Exercise aim:
Reproduce exactly, from the data that follows, the line with "no_requests : (k", the line with "p.max_conn ≡ 0", and every line that lies between them.
── Extracted data
-- ===== src/Server/Starving.antt =====
-- A pool without room for a connection: the configured maximum is divided by 6.
use ats_fastcgi.Common.{
  ℕ, ◌<◌, ◌≤◌, ◌≡◌, refl, ap, ◌∙◌, List, [], ◌∷◌, Option, none, some, ok, pos, length, arith, ltb,
  false, to_uint, div_by,
}
use ats_fastcgi.Config.Access.{get_max_conn_length}
use ats_fastcgi.Pool.{ConnectionPool, get_available_connection, grow}
use ats_fastcgi.Connection.Heap.{Heap}
use ats_fastcgi.Queue.{add_to_queue}
use ats_fastcgi.Server.{Server, find, connect, serve_or_queue, max_requests}
use ats_fastcgi.Server.Lists.{count}
use ats_fastcgi.Server.Owners.{IsOwned}
use ats_fastcgi.Server.Reachable.{Reachable, Reachable-IsOwned}

length-zero : {A : Type 0} (l : List A) → length l ≤ 0 → l ≡ []
length-zero [] h = refl
length-zero (x ∷ l) h = absurd (omega arith)

counted-none : (l : List ℕ) → ((c : ℕ) → count c l ≡ 0) → l ≡ []
unfolding count
counted-none [] h = refl
counted-none (c ∷ l) h = let own = h c in absurd (ground arith)

-- A pool without room: it is empty, nobody owns a connection, and none is available.
record IsStarved (s : Server) : Type 0 where
  no_room : s.pool.max_conn ≡ 0
  no_connections : s.pool.connections ≡ []
  none_available : s.pool.available_connections ≡ []
  no_requests : (k : ℕ) → find k s.intercept_list ≡ none

owned-IsStarved :
    (s : Server) (n : ℕ)
    → IsOwned s
    → get_max_conn_length s.env.config ≡ pos n
    → n < 6
    → IsStarved s
unfolding to_uint div_by count
owned-IsStarved s n o e h =
    let no_room : s.pool.max_conn ≡ 0 = o.sized ∙ ap (λ m. to_uint (div_by m 6)) e ∙ omega arith in
    let empty : s.pool.connections ≡ [] =
      length-zero s.pool.connections (let room = o.bounded in omega arith) in
    let uncounted : (c : ℕ) → count c s.pool.connections ≡ 0 = λ c. ap (count c) empty in
    record {
      no_room = no_room;
      no_connections = empty;
      none_available = counted-none s.pool.available_connections (λ c.
          let idle = o.idle c in let live = o.live c 0 in let out = uncounted c in ground arith);
      no_requests = λ k. unserved k uncounted (find k s.intercept_list) refl;
    }
  where
    unserved :
        (k : ℕ)
        → ((c : ℕ) → count c s.pool.connections ≡ 0)
        → (v : Option (ℕ × ℕ)) → find k s.intercept_list ≡ v
        → find k s.intercept_list ≡ none
    unserved k uncounted none f = f
    unserved k uncounted (some (i, c)) f =
        let live = o.live c k (o.serving k i c f) in let out = uncounted c in absurd (omega arith)

get_available_connection-starved :
    (m : ℕ) (p : ConnectionPool) (h : Heap)
    → p.max_conn ≡ 0
    → p.connections ≡ []
    → p.available_connections ≡ []
    → get_available_connection m p h ≡ ok (none, p, h)
unfolding get_available_connection grow
get_available_connection-starved m p h a b c =
    let full : ltb (length p.connections) p.max_conn ≡ false = rw (a, b) refl in rw (c, full) refl

-- Where the configured maximum of connections is 0 to 5, in every state that the server comes to by calls
-- and events, which are made while request ids are left and of which the events and `connectionClosed` get
-- a live connection, where the address of the application can be read and every client request can be
-- made: no request has a connection, and `connect` does nothing but offer a request to the queue.
pub connect-starves :
    (s : Server) (n : ℕ)
    → Reachable s
    → get_max_conn_length s.env.config ≡ pos n
    → n < 6
    → ((k : ℕ) → find k s.intercept_list ≡ none)
      × ((i : ℕ) → connect i s ≡ ok (record s { queue = (add_to_queue i s.queue).0 }))
unfolding connect serve_or_queue
connect-starves s n r e h =
    let starved = owned-IsStarved s n (Reachable-IsOwned r) e h in
    (
      starved.no_requests,
      (λ i.
          rw
            (get_available_connection-starved (max_requests s) s.pool s.heap starved.no_room
              starved.no_connections starved.none_available)
            refl),
    )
────
Reply to the exercise:
  no_requests : (k : ℕ) → find k s.intercept_list ≡ none

owned-IsStarved :
    (s : Server) (n : ℕ)
    → IsOwned s
    → get_max_conn_length s.env.config ≡ pos n
    → n < 6
    → IsStarved s
unfolding to_uint div_by count
owned-IsStarved s n o e h =
    let no_room : s.pool.max_conn ≡ 0 = o.sized ∙ ap (λ m. to_uint (div_by m 6)) e ∙ omega arith in
    let empty : s.pool.connections ≡ [] =
      length-zero s.pool.connections (let room = o.bounded in omega arith) in
    let uncounted : (c : ℕ) → count c s.pool.connections ≡ 0 = λ c. ap (count c) empty in
    record {
      no_room = no_room;
      no_connections = empty;
      none_available = counted-none s.pool.available_connections (λ c.
          let idle = o.idle c in let live = o.live c 0 in let out = uncounted c in ground arith);
      no_requests = λ k. unserved k uncounted (find k s.intercept_list) refl;
    }
  where
    unserved :
        (k : ℕ)
        → ((c : ℕ) → count c s.pool.connections ≡ 0)
        → (v : Option (ℕ × ℕ)) → find k s.intercept_list ≡ v
        → find k s.intercept_list ≡ none
    unserved k uncounted none f = f
    unserved k uncounted (some (i, c)) f =
        let live = o.live c k (o.serving k i c f) in let out = uncounted c in absurd (omega arith)

get_available_connection-starved :
    (m : ℕ) (p : ConnectionPool) (h : Heap)
    → p.max_conn ≡ 0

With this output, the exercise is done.